Comparing means is crucial in data science for understanding differences between groups or conditions. T-tests, ANOVA, and chi-square tests offer powerful tools to analyze various data types and experimental designs.

These statistical methods help researchers make informed decisions about their hypotheses. By calculating test statistics and interpreting p-values, we can determine if observed differences are statistically significant or likely due to chance.

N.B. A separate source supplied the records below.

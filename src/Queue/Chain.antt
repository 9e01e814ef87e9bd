-- ===== src/Queue/Chain.antt =====
-- What the links between two sentinels of queue.c stand for, and how one insertion or removal
-- changes it.
use t_visor.Prelude.{
  ◌≡◌, ◌≢◌, refl, ◌||◌, ◌==◌, true, false, List, [], ◌∷◌, ◌++◌, arith, has, has-append, ne_of_has,
  Distinct,
}
use t_visor.Queue.{Ptr, null, Heap}

-- From `a` the links lead both ways through `xs` to `z`.
abbrev pub Chain : Heap → Ptr → List Ptr → Ptr → Type 0
Chain h a [] z = (h.next a ≡ z) × (h.prev z ≡ a)
Chain h a (x ∷ xs) z = (h.next a ≡ x) × (h.prev x ≡ a) × Chain h x xs z

-- The node before `z`.
abbrev pub last : Ptr → List Ptr → Ptr
last a [] = a
last a (x ∷ xs) = last x xs

-- A chain reads `next` at its nodes but the end, and `prev` at its nodes but the start.
pub Chain-same :
    (h g : Heap) (a : Ptr) (xs : List Ptr) (z : Ptr)
    → Chain h a xs z
    → ((p : Ptr) → has p (a ∷ xs) ≡ true → g.next p ≡ h.next p)
    → ((p : Ptr) → has p (xs ++ z ∷ []) ≡ true → g.prev p ≡ h.prev p)
    → Chain g a xs z
Chain-same h g a [] z c n p = (ground (arith, n a), ground (arith, p z))
Chain-same h g a (x ∷ xs) z c n p = (
  ground (arith, n a),
  ground (arith, p x),
  Chain-same h g x xs z c.2 (λ q h. n q (ground arith)) (λ q h. p q (ground arith)),
)

pub Chain-split :
    (h : Heap) (a : Ptr) (xs : List Ptr) (n : Ptr) (ys : List Ptr) (z : Ptr)
    → Chain h a (xs ++ n ∷ ys) z
    → Chain h a xs n × Chain h n ys z
Chain-split h a [] n ys z c = ((c.0, c.1), c.2)
Chain-split h a (x ∷ xs) n ys z c = let (l, r) = Chain-split h x xs n ys z c.2 in ((c.0, c.1, l), r)

pub Chain-join :
    (h : Heap) (a : Ptr) (xs : List Ptr) (n : Ptr) (ys : List Ptr) (z : Ptr)
    → Chain h a xs n
    → Chain h n ys z
    → Chain h a (xs ++ n ∷ ys) z
Chain-join h a [] n ys z l r = (l.0, l.1, r)
Chain-join h a (x ∷ xs) n ys z l r = (l.0, l.1, Chain-join h x xs n ys z l.2 r)

-- `g` is `h` with `q` linked in between `p` and `n`.
pub record Inserted (h : Heap) (p q n : Ptr) (g : Heap) : Type 0 where
  pub next_p : g.next p ≡ q
  pub next_q : g.next q ≡ n
  pub prev_n : g.prev n ≡ q
  pub prev_q : g.prev q ≡ p
  pub next_same : (a : Ptr) → a ≢ p → a ≢ q → g.next a ≡ h.next a
  pub prev_same : (a : Ptr) → a ≢ n → a ≢ q → g.prev a ≡ h.prev a
  pub aborts_same : g.aborts ≡ h.aborts

-- `g` is `h` with `q` taken out from between `p` and `n`.
pub record Removed (h : Heap) (p q n : Ptr) (g : Heap) : Type 0 where
  pub next_p : g.next p ≡ n
  pub prev_n : g.prev n ≡ p
  pub next_q : g.next q ≡ null
  pub prev_q : g.prev q ≡ null
  pub next_same : (a : Ptr) → a ≢ p → a ≢ q → g.next a ≡ h.next a
  pub prev_same : (a : Ptr) → a ≢ n → a ≢ q → g.prev a ≡ h.prev a
  pub aborts_same : g.aborts ≡ h.aborts

-- The node after a gap before `ys`.
abbrev pub first : List Ptr → Ptr → Ptr
first [] z = z
first (y ∷ ys) z = y

-- The nodes of a chain, its ends included.
abbrev pub span : Ptr → List Ptr → Ptr → List Ptr
span a xs z = a ∷ (xs ++ z ∷ [])

pub last_in : (a : Ptr) (xs ys : List Ptr) (z : Ptr) → has (last a xs) (span a (xs ++ ys) z) ≡ true
last_in a [] ys z = ground arith
last_in a (x ∷ xs) ys z = ground (arith, last_in x xs ys z)

pub first_in : (xs ys : List Ptr) (z : Ptr) → has (first ys z) ((xs ++ ys) ++ z ∷ []) ≡ true
first_in [] [] z = ground arith
first_in [] (y ∷ ys) z = ground arith
first_in (x ∷ xs) ys z = ground (arith, first_in xs ys z)

pub mid_in :
    (xs : List Ptr) (q : Ptr) (ys : List Ptr) (z : Ptr) → has q ((xs ++ q ∷ ys) ++ z ∷ []) ≡ true
mid_in [] q ys z = ground arith
mid_in (x ∷ xs) q ys z = ground (arith, mid_in xs q ys z)

pub after_in :
    (xs : List Ptr) (q : Ptr) (ys : List Ptr) (z : Ptr)
    → has (first ys z) ((xs ++ q ∷ ys) ++ z ∷ []) ≡ true
after_in [] q [] z = ground arith
after_in [] q (y ∷ ys) z = ground arith
after_in (x ∷ xs) q ys z = ground (arith, after_in xs q ys z)

-- What lies beyond a changed gap before `a` stays.
beyond :
    (h g : Heap) (a : Ptr) (ys : List Ptr) (z p q : Ptr)
    → Chain h a ys z
    → ((b : Ptr) → b ≢ p → b ≢ q → g.next b ≡ h.next b)
    → ((b : Ptr) → b ≢ a → b ≢ q → g.prev b ≡ h.prev b)
    → has a (ys ++ z ∷ []) ≡ false
    → has p (span a ys z) ≡ false
    → has q (span a ys z) ≡ false
    → Chain g a ys z
beyond h g a ys z p q c n v oa op oq =
    Chain-same h g a ys z c
      (λ b i.
        n b (λ e. ground (arith, has-append b ys (z ∷ [])))
          (λ e. ground (arith, has-append b ys (z ∷ []))))
      (λ b i. v b (λ e. ground arith) (λ e. ground arith))

pub Chain-insert :
    (h g : Heap) (a : Ptr) (xs ys : List Ptr) (z q : Ptr)
    → Chain h a (xs ++ ys) z
    → Inserted h (last a xs) q (first ys z) g
    → Distinct (span a (xs ++ ys) z)
    → has q (span a (xs ++ ys) z) ≡ false
    → Chain g a (xs ++ q ∷ ys) z
Chain-insert h g a [] [] z q c i d fresh = (i.next_p, i.prev_q, (i.next_q, i.prev_n))
Chain-insert h g a [] (y ∷ ys) z q c i d fresh = (
  i.next_p,
  i.prev_q,
  (i.next_q, i.prev_n, beyond h g y ys z a q c.2 i.next_same i.prev_same d.1.0 d.0 (ground arith)),
)
Chain-insert h g a (x ∷ xs) ys z q c i d fresh =
    let nl = ne_of_has a (last x xs) (span x (xs ++ ys) z) d.0 (last_in x xs ys z) in
    let nf = ne_of_has x (first ys z) ((xs ++ ys) ++ z ∷ []) d.1.0 (first_in xs ys z) in
    (
      ground (arith, i.next_same a),
      ground (arith, i.prev_same x),
      Chain-insert h g x xs ys z q c.2 i d.1 (ground arith),
    )

pub Chain-remove :
    (h g : Heap) (a : Ptr) (xs ys : List Ptr) (z q : Ptr)
    → Chain h a (xs ++ q ∷ ys) z
    → Removed h (last a xs) q (first ys z) g
    → Distinct (span a (xs ++ q ∷ ys) z)
    → Chain g a (xs ++ ys) z
Chain-remove h g a [] [] z q c r d = (r.next_p, r.prev_n)
Chain-remove h g a [] (y ∷ ys) z q c r d = (
  r.next_p,
  r.prev_n,
  beyond h g y ys z a q c.2.2 r.next_same r.prev_same d.1.1.0 (ground arith) d.1.0,
)
Chain-remove h g a (x ∷ xs) ys z q c r d =
    let nl = ne_of_has a (last x xs) (span x (xs ++ q ∷ ys) z) d.0 (last_in x xs (q ∷ ys) z) in
    let ia = ne_of_has a q (span x (xs ++ q ∷ ys) z) d.0 (mid_in (x ∷ xs) q ys z) in
    let nf = ne_of_has x (first ys z) ((xs ++ q ∷ ys) ++ z ∷ []) d.1.0 (after_in xs q ys z) in
    let ix = ne_of_has x q ((xs ++ q ∷ ys) ++ z ∷ []) d.1.0 (mid_in xs q ys z) in
    (
      ground (arith, r.next_same a),
      ground (arith, r.prev_same x),
      Chain-remove h g x xs ys z q c.2 r d.1,
    )

-- The links over a gap.
pub prev_gap :
    (h : Heap) (a : Ptr) (xs ys : List Ptr) (z : Ptr)
    → Chain h a (xs ++ ys) z
    → h.prev (first ys z) ≡ last a xs
prev_gap h a [] [] z c = c.1
prev_gap h a [] (y ∷ ys) z c = c.1
prev_gap h a (x ∷ xs) ys z c = prev_gap h x xs ys z c.2

pub next_gap :
    (h : Heap) (a : Ptr) (xs ys : List Ptr) (z : Ptr)
    → Chain h a (xs ++ ys) z
    → h.next (last a xs) ≡ first ys z
next_gap h a [] [] z c = c.0
next_gap h a [] (y ∷ ys) z c = c.0
next_gap h a (x ∷ xs) ys z c = next_gap h x xs ys z c.2

-- The nodes with `q` put in, or taken out.
pub has-insert :
    (b : Ptr) (xs : List Ptr) (q : Ptr) (ys : List Ptr) (z : Ptr)
    → has b ((xs ++ q ∷ ys) ++ z ∷ []) ≡ (b == q || has b ((xs ++ ys) ++ z ∷ []))
has-insert b [] q ys z = refl
has-insert b (x ∷ xs) q ys z = ground (arith, has-insert b xs q ys z)

pub Distinct-insert :
    (xs : List Ptr) (q : Ptr) (ys : List Ptr) (z : Ptr)
    → Distinct ((xs ++ ys) ++ z ∷ [])
    → has q ((xs ++ ys) ++ z ∷ []) ≡ false
    → Distinct ((xs ++ q ∷ ys) ++ z ∷ [])
Distinct-insert [] q ys z d f = (f, d)
Distinct-insert (x ∷ xs) q ys z d f =
    (ground (arith, has-insert x xs q ys z), Distinct-insert xs q ys z d.1 (ground arith))

pub Distinct-remove :
    (xs : List Ptr) (q : Ptr) (ys : List Ptr) (z : Ptr)
    → Distinct ((xs ++ q ∷ ys) ++ z ∷ [])
    → Distinct ((xs ++ ys) ++ z ∷ [])
Distinct-remove [] q ys z d = d.1
Distinct-remove (x ∷ xs) q ys z d =
    (ground (arith, has-insert x xs q ys z), Distinct-remove xs q ys z d.1)

pub end_in : (xs : List Ptr) (z : Ptr) → has z (xs ++ z ∷ []) ≡ true
end_in [] z = ground arith
end_in (x ∷ xs) z = ground (arith, end_in xs z)

pub last-ne-end :
    (a : Ptr) (xs ys : List Ptr) (z : Ptr) → Distinct (span a (xs ++ ys) z) → z ≢ last a xs
last-ne-end a [] ys z d = λ e. ground (arith, end_in ys z)
last-ne-end a (x ∷ xs) ys z d = last-ne-end x xs ys z d.1

pub end-ne-mid :
    (xs : List Ptr) (q : Ptr) (ys : List Ptr) (z : Ptr)
    → Distinct ((xs ++ q ∷ ys) ++ z ∷ [])
    → z ≢ q
end-ne-mid [] q ys z d = λ e. ground (arith, end_in ys z)
end-ne-mid (x ∷ xs) q ys z d = end-ne-mid xs q ys z d.1

pub mid-ne-last :
    (a : Ptr) (xs : List Ptr) (q : Ptr) (ys : List Ptr) (z : Ptr)
    → Distinct (span a (xs ++ q ∷ ys) z)
    → q ≢ last a xs
mid-ne-last a [] q ys z d = λ e. ground arith
mid-ne-last a (x ∷ xs) q ys z d = mid-ne-last x xs q ys z d.1

pub mid-ne-first :
    (a : Ptr) (xs : List Ptr) (q : Ptr) (ys : List Ptr) (z : Ptr)
    → Distinct (span a (xs ++ q ∷ ys) z)
    → q ≢ first ys z
mid-ne-first a [] q [] z d = λ e. ground arith
mid-ne-first a [] q (y ∷ ys) z d = λ e. ground arith
mid-ne-first a (x ∷ xs) q ys z d = mid-ne-first x xs q ys z d.1

pub next_mid :
    (h : Heap) (a : Ptr) (xs : List Ptr) (q : Ptr) (ys : List Ptr) (z : Ptr)
    → Chain h a (xs ++ q ∷ ys) z
    → h.next q ≡ first ys z
next_mid h a [] q [] z c = c.2.0
next_mid h a [] q (y ∷ ys) z c = c.2.0
next_mid h a (x ∷ xs) q ys z c = next_mid h x xs q ys z c.2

Statistical Tests for Comparing Means

T-tests for mean comparisons

• One-sample t-test compares sample mean to known population mean
  • Null hypothesis assumes sample mean equals population mean
  • Test statistic: $t = \frac{\bar{x} - \mu}{s / \sqrt{n}}$ measures deviation from expected value
• Two-sample t-test evaluates differences between independent groups
  • Assumes equal variances (pooled) or unequal variances (Welch's)
  • Null hypothesis posits equal population means
  • Test statistic: $t = \frac{\bar{x}_1 - \bar{x}_2}{\sqrt{s_p^2(\frac{1}{n_1} + \frac{1}{n_2})}}$ quantifies group mean differences
• Paired t-test analyzes dependent samples or before-after studies
  • Examines differences between paired observations
  • Null hypothesis states mean difference between pairs is zero
  • Test statistic: $t = \frac{\bar{d}}{s_d / \sqrt{n}}$ assesses paired differences
• Degrees of freedom vary by test type
  • One-sample and paired use n - 1
  • Two-sample uses n1 + n2 - 2 (equal variances) or Welch–Satterthwaite equation (unequal variances)
• p-value interpretation guides decision-making
  • Reject null hypothesis when p-value falls below significance level α (0.05)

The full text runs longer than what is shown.